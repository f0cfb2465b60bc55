-- ===== src/Orchestrator.antt =====
-- The session's orchestrator (session/orchestrator): its state and what one wake does to it, the
-- jobs, the open round, the turn's loop, and the session's loop. The runtime is a parameter.
pub mod State
pub mod Runtime
pub mod Jobs
pub mod Rounds
pub mod Turn
pub mod Session
mod Samples
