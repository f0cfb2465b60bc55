-- ===== src/Orchestrator/Jobs.antt =====
-- The jobs of a session (turn.go): how each starts, ends, and reaches the call that waits on it.
pub mod Ends
pub mod Starts
use tacklr.Base.{
  ◌≡◌, refl, Bool, true, false, not, ◌&&◌, Option, none, some, List, [], ◌∷◌, ◌++◌, map, Bytes,
  codes, is_empty, text_eq, find_index?, remove_at, get_elem?, set, if◌then◌else◌,
}
use tacklr.Failure.{Failure}
use tacklr.Message.{Message, user, text_message}
use tacklr.Call.{Call, JobStart, JobResult, call_key}
use tacklr.Orchestrator.State.{State, Job, JobEnd}
use tacklr.Orchestrator.Runtime.{Runtime, Sys}

-- `jobMessage`
unfoldable pub job_message : Job → JobResult → Message
job_message j res = text_message user (
    codes "Job "
    ++ (j.id
        ++ (codes " ("
            ++ (j.name
                ++ (codes ") "
                    ++ ((if res.failed then codes "failed" else codes "completed")
                        ++ (codes ":\n" ++ res.output)))))))

-- What a job's end makes of the jobs: the job with its result when a call waits on it, else a
-- message.
end_job : JobEnd → List Job → List Job × List Message
end_job end [] = ([], [])
end_job end (j ∷ js) =
    let (rest, messages) = end_job end js in
    if text_eq j.id end.id
    then if is_empty j.call
      then (js, job_message j end.result ∷ [])
      else (record j { ended = true; result = end.result } ∷ js, [])
    else (j ∷ rest, messages)

-- `State.jobEnded`
unfoldable pub job_ended : JobEnd → State → State
unfolding end_job
job_ended end t =
    let (jobs, messages) = end_job end t.jobs in
    record t { jobs = jobs; inbox = t.inbox ++ messages }

-- `State.jobIDs`
abbrev pub job_ids : List Job → List Bytes
job_ids jobs = map (λ j. j.id) jobs

-- The job that `jobRuns` gives to a call: the first that ended with the call's key. It is taken
-- from the jobs.
unfoldable pub take_ended : Bytes → List Job → Option (JobResult × List Job)
take_ended key [] = none
take_ended key (j ∷ js) =
    if j.ended && text_eq j.call key
    then some (j.result, js)
    else (elim (take_ended key js) [ none ↦ none | some (res, rest) ↦ some (res, j ∷ rest) ])

-- `State.jobRuns`
unfoldable pub job_runs : List Call → List Job → List Call × List Job
unfolding take_ended
job_runs [] jobs = ([], jobs)
job_runs (c ∷ cs) jobs = elim (take_ended (call_key c) jobs) [
  | none ↦ job_runs cs jobs
  | some (res, rest) ↦
      let (runs, left) = job_runs cs rest in (record c { job_end = some res } ∷ runs, left)
]

-- The job of a start; the job that the call waits on has the call's key.
unfoldable pub started_job : Call → JobStart → Job
started_job c s = record {
  id = s.id;
  name = s.name;
  call = if text_eq s.id c.await then call_key c else [];
  ended = false;
  result = record { output = []; failed = false };
}

module _ {W : Type 0} (rt : Runtime W) where
  -- `State.cancelJobs`: the loop over the jobs.
  unfoldable pub cancel_each : List Job → W → W
  cancel_each [] w = w
  cancel_each (j ∷ js) w = cancel_each js (if j.ended then w else rt.cancel_job j.id w)

  -- `State.cancelJobs`
  unfoldable pub cancel_jobs : Sys W → Sys W
  unfolding cancel_each
  cancel_jobs s = record {
    turn = record s.turn { jobs = [] };
    world = cancel_each s.turn.jobs s.world;
  }

  -- The first loop of `startJobs`: a cancel of a job that the session does not run is nothing.
  unfoldable pub cancel_asked : List Bytes → List Job → W → List Job × W
  cancel_asked [] jobs w = (jobs, w)
  cancel_asked (id ∷ ids) jobs w = elim (find_index? (λ j. text_eq j.id id) jobs) [
    | none ↦ cancel_asked ids jobs w
    | some i ↦ cancel_asked ids (remove_at i jobs) (rt.cancel_job id w)
  ]

  -- The second loop of `startJobs`: a start that fails leaves the jobs before it, and stops.
  unfoldable pub start_each : Call → List JobStart → List Job → W → Option Failure × List Job × W
  unfolding started_job
  start_each c [] jobs w = (none, jobs, w)
  start_each c (s ∷ ss) jobs w =
      let (failed, w') = rt.start_job s w in
      elim failed [
        | none ↦ start_each c ss (jobs ++ started_job c s ∷ []) w'
        | some e ↦ (some e, jobs, w')
      ]

  -- `State.startJobs`
  unfoldable pub start_jobs : Call → List Job → W → Option Failure × List Job × W
  unfolding cancel_asked start_each
  start_jobs c jobs w =
      let (jobs', w') = cancel_asked c.cancels jobs w in start_each c c.starts jobs' w'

====

### How to complete this task
The expected answer is a copy of each line in the listing above that contains "loop".

### Result of the task
-- jobs, the open round, the turn's loop, and the session's loop. The runtime is a parameter.
  -- `State.cancelJobs`: the loop over the jobs.
  -- The first loop of `startJobs`: a cancel of a job that the session does not run is nothing.
  -- The second loop of `startJobs`: a start that fails leaves the jobs before it, and stops.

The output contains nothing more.